Computational Biophysics Laboratory (GRIB-IMIM), Universitat Pompeu Fabra, Barcelona Biomedical Research Park (PRBB), Doctor Aiguader 88, 08003, Barcelona, Spain.
Acellera, PRBB, Doctor Aiguader 88, 08003, Barcelona, Spain.
Sci Rep. 2018 Jan 17;8(1):897. doi: 10.1038/s41598-018-19345-7.

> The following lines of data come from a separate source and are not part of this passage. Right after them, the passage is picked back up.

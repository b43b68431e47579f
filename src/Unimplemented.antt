-- ===== src/Unimplemented.antt =====
-- The handlers of the CRI that only return a not-implemented error: pkg/server/container_attach.go,
-- container_stats.go, container_stats_list.go, sandbox_portforward.go and imagefs_info.go.
use cri_containerd.Base.{String, List, [], Result, err, errorf}

abbrev not_implemented : {A : Type 0} → Result A
not_implemented = err (errorf "not implemented" [])

-- `Attach`
unfoldable pub attach : String → Result String
attach container_id = not_implemented

-- `ContainerStats`
unfoldable pub container_stats : String → Result String
container_stats container_id = not_implemented

-- `ListContainerStats`
unfoldable pub list_container_stats : String → Result (List String)
list_container_stats filter = not_implemented

-- `PortForward`
unfoldable pub port_forward : String → Result String
port_forward pod_sandbox_id = not_implemented

-- `ImageFsInfo`
unfoldable pub image_fs_info : Result (List String)
image_fs_info = not_implemented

The recent increase in the number of X-ray crystal structures of G-protein coupled receptors (GPCRs) has been enabling for structure-based drug design (SBDD) efforts. These structures have revealed that GPCRs are highly dynamic macromolecules whose function is dependent on their intrinsic flexibility. Unfortunately, the use of static structures to understand ligand binding can potentially be misleading, especially in systems with an inherently high degree of conformational flexibility. Here, we show that docking a set of dopamine D3 receptor compounds into the existing eticlopride-bound dopamine D3 receptor (D3R) X-ray crystal structure resulted in poses that were not consistent with results obtained from site-directed mutagenesis experiments. We overcame the limitations of static docking by using large-scale high-throughput molecular dynamics (MD) simulations and Markov state models (MSMs) to determine an alternative pose consistent with the mutation data. The new pose maintains critical interactions observed in the D3R/eticlopride X-ray crystal structure and suggests that a cryptic pocket forms due to the shift of a highly conserved residue, F. Our study highlights the importance of GPCR dynamics to understand ligand binding and provides new opportunities for drug discovery.
近年来,G 蛋白偶联受体(GPCR)的 X 射线晶体结构数量不断增加,这使得基于结构的药物设计(SBDD)成为可能。这些结构表明,GPCR 是高度动态的大分子,其功能依赖于其固有灵活性。不幸的是,使用静态结构来理解配体结合可能会产生误导,特别是在固有构象灵活性较高的系统中。在这里,我们表明,将一组多巴胺 D3 受体化合物对接入现有的依替唑仑结合的多巴胺 D3 受体(D3R)X 射线晶体结构中,得到的构象与通过定点突变实验获得的结果不一致。我们通过使用大规模高通量分子动力学(MD)模拟和马尔可夫状态模型(MSM)来克服静态对接的局限性,确定了与突变数据一致的替代构象。新构象保持了在 D3R/依替唑仑 X 射线晶体结构中观察到的关键相互作用,并表明由于高度保守的残基 F 的移位,形成了一个隐匿口袋。我们的研究强调了 GPCR 动力学对理解配体结合的重要性,并为药物发现提供了新的机会。